2- The physical meaning of the results is probably worth a discussion. In 2.3, what is the physical meaning of the variables ranking first for H/LE? Please comment why the numbers of variables, and variables themselves are different for H and LE. Some correlations between subgroups of variables are probably rather high (e.g. Ta_2m and Ta_1.5m, RH_1.5m and RH_2m): could the same results be obtained with less variables? Not all sites provide measurements of the soil temperature between the surface and 4 m, or air temperature between 1.5 and 10 m. Could the same (very good) fit be obtained with measurements at first levels (Ts 0m and Ta 1.5m) only?
3- Can the method presented here be used directly or with adaptation at different sites?
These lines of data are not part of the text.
-- ===== src/Log/Loggers.antt =====
-- Loggers always have what they log with (log/logger.cpp).
use sylar_net_server_framewo.Common.{
  ℕ, zero, suc, ◌<◌, ◌≡◌, refl, sym, ap, ◌∙◌, subst, ◌⊎◌, inl, inr, none, some, List, [], ◌∷◌, ◌++◌,
  arith, length, get_elem?, All, Bool-cases, Option-cases,
}
use sylar_net_server_framewo.Common.Checked.{ok}
use sylar_net_server_framewo.Log.Items.{Level, LogEvent, LogFormatter, format}
use sylar_net_server_framewo.Log.Defs.{
  Sink, LogAppender, Logger, LoggerManager, level_le, Strftime, emit, append_log, append_all, log,
}

List-cases {ℓ} : {A : Type ℓ} (xs : List A) → (xs ≡ []) ⊎ ((x : A) × (ys : List A) × (xs ≡ x ∷ ys))
List-cases [] = inl refl
List-cases (x ∷ xs) = inr (x, xs, refl)

-- An appender at `a` that has one of `n` formatters.
abbrev pub Good : ℕ → List LogAppender → ℕ → Type 0
Good n heap a =
    (appender : LogAppender) × (f : ℕ) × (get_elem? heap a ≡ some appender)
    × (appender.formatter ≡ some f)
    × (f < n)

-- A logger is the root or goes on to it, and each of its appenders has a formatter.
pub record LoggerOk (n : ℕ) (heap : List LogAppender) (g : Logger) : Type 0 where
  pub goes_on : (g.root ≡ none) ⊎ (g.root ≡ some 0)
  pub formatted : g.formatter < n
  pub attached : All (Good n heap) g.appenders

-- The formatter of an appender, if it has one, is one of `n`.
abbrev pub Pointed : ℕ → LogAppender → Type 0
Pointed n a = (a.formatter ≡ none) ⊎ (f : ℕ) × (a.formatter ≡ some f) × (f < n)

pub record IsValid (m : LoggerManager) : Type 0 where
  pub pointed : All (Pointed (length m.formatters)) m.appenders
  pub rooted : (g : Logger) × (get_elem? m.loggers 0 ≡ some g) × (g.root ≡ none)
  pub every : All (LoggerOk (length m.formatters) m.appenders) m.loggers

pub inside {ℓ} :
    {A : Type ℓ} (xs : List A) (i : ℕ) → i < length xs → (x : A) × (get_elem? xs i ≡ some x)
inside [] i h = absurd (omega arith)
inside (x ∷ xs) zero h = (x, refl)
inside (x ∷ xs) (suc i) h = inside xs i (omega arith)

pub some_injective {ℓ} : {A : Type ℓ} {x y : A} → some x ≡ some y → x ≡ y
some_injective {A = A} {x = x} e = ap (λ o. elim o [ none ↦ x | some z ↦ z ]) e

pub All-get {ℓ κ} :
    {A : Type ℓ} (P : A → Type κ) (xs : List A) (i : ℕ) (x : A)
    → All P xs
    → get_elem? xs i ≡ some x
    → P x
All-get P [] i x h e = cc
All-get P (y ∷ ys) zero x h e = let q : y ≡ x = some_injective e in subst P q h.0
All-get P (y ∷ ys) (suc i) x h e = All-get P ys i x h.1 e

module _ (strftime : Strftime) (formatters : List LogFormatter) (level : Level) (e : LogEvent) where
  append_log-ends :
      (a : LogAppender) (f : ℕ)
      → a.formatter ≡ some f
      → f < length formatters
      → (out : List (Sink × List ℕ)) × (append_log strftime formatters level e a ≡ ok out)
  unfolding append_log
  append_log-ends a f h s =
      let (formatter, g) = inside formatters f s in
      (
        emit a.sink (level_le a.level level) (format strftime level e formatter),
        simp (append_log, h, g) refl,
      )

module _ (strftime : Strftime) (m : LoggerManager) (level : Level) (e : LogEvent) where
  append_all-ends :
      (as' : List ℕ)
      → All (Good (length m.formatters) m.appenders) as'
      → (out : List (Sink × List ℕ)) × (append_all strftime m level e as' ≡ ok out)
  unfolding append_all
  append_all-ends [] h = ([], refl)
  append_all-ends (a ∷ as') h =
      let (appender, f, g, k, s) = h.0 in
      let (out, p) = append_log-ends strftime m.formatters level e appender f k s in
      let (rest, q) = append_all-ends as' h.1 in (out ++ rest, rw (append_all, g, p, q) refl)

  -- Whatever a logger's root does, it logs if its root does.
  log-with_root :
      (fuel l : ℕ) (g : Logger)
      → get_elem? m.loggers l ≡ some g
      → LoggerOk (length m.formatters) m.appenders g
      → ((r : ℕ)
          → g.root ≡ some r
          → (out : List (Sink × List ℕ)) × (log fuel strftime m r level e ≡ ok out))
      → (out : List (Sink × List ℕ)) × (log (suc fuel) strftime m l level e ≡ ok out)
  unfolding log
  log-with_root fuel l g h good root = elim (Bool-cases (level_le g.level level)) [
    | inr low ↦ ([], rw (log, h, low) refl)
    | inl high ↦ elim (List-cases g.appenders) [
      | inr (a, as', q) ↦
          let (out, p) =
            append_all-ends (a ∷ as')
              (subst (All (Good (length m.formatters) m.appenders)) q good.attached) in
          (out, simp (log, h, high, q) p)
      | inl q ↦ elim (Option-cases g.root) [
        | inl none_left ↦ ([], simp (log, h, high, q, none_left) refl)
        | inr (r, k) ↦ let (out, p) = root r k in (out, simp (log, h, high, q, k) p)
      ]
    ]
  ]

  -- In a valid manager every logger logs, or lets it be: no formatter is missing, and there is an end to
  -- the roots.
  pub log-ends :
      (l : ℕ)
      → IsValid m
      → l < length m.loggers
      → (out : List (Sink × List ℕ)) × (log 2 strftime m l level e ≡ ok out)
  log-ends l v h =
      let (g, k) = inside m.loggers l h in
      let (root, k₀, n₀) = v.rooted in
      let good = LoggerOk (length m.formatters) m.appenders in
      let at_root =
        log-with_root 0 0 root k₀ (All-get good m.loggers 0 root v.every k₀)
          (λ r q. let absurdity : none ≡ some r = sym n₀ ∙ q in cc) in
      let g_ok = All-get good m.loggers l g v.every k in
      log-with_root 1 l g k g_ok (λ r q. elim g_ok.goes_on [
        | inl n ↦ let absurdity : none ≡ some r = sym n ∙ q in cc
        | inr z ↦
            let same : 0 ≡ r = some_injective (sym z ∙ q) in
            subst (λ t. (out : List (Sink × List ℕ)) × (log 1 strftime m t level e ≡ ok out)) same
              at_root
      ])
It would be really interesting to add sensitivity tests of the importance of the different variables selected in the H (18) and LE (16) subgroups. Would the fit be significantly lower when excluding RH_2m and/or RH_4m from the H subgroup?
4- The preprocessing part is insufficiently explained. Why is it relevant to use random forest (RF) rather than a principal component analysis (PCA) to select relevant variables? PCA are based on linear correlation between variables. Are you sure that the linear model is not appropriate here? Did you checked that a simple correlation / covariance analysis does not lead to the same results as in Fig 3? Also, can you please explain briefly the meaning of the ‘importance ranking’ (Fig. 3 a and b) and, more importantly, of the ‘OOB score’ for the readers not familiar with the RF terminology?
5- The building of the Transformer_CNN method itself is insufficiently detailed for the readers not familiar with ML in general. Is it something new, built on purpose for the present study, or has it been used previously? In the first case, can you please elaborate on the reasons leading to the choice of the different steps and modules used? In the latter case, please provide some references. It would also be interesting to study the attention weights determined by the transformer to analyze the causal link between certain variables and the reconstructed fluxes. This provides a perspective on the physical interpretability of the transformer performances.
Minor comments
Abstract: the RF is not part of the methods evaluated with SVM and so on. Please reformulate.
What is the sampling of the variables used to reconstruct the fluxes? I guess hourly samples (l. 210 and for the study of the diurnal cycle), but daily values are probably used in Fig. 2, Fig 6 and Fig 9? Please specify.
Figure 2: the legend is flawed and incomplete, please complete.
Table 1: please discuss the statistics and trends provided here. Are these figures useful for the main analysis presented in the paper ?
Please use the same acronyms for the variables throughout the text, tables and figure legends (e.g. table 1 and table 2);
Please define MAE, RMSE, FC
Some references are not correctly cited in the text (l. 39)
181: please explain where this value of 159 comes from.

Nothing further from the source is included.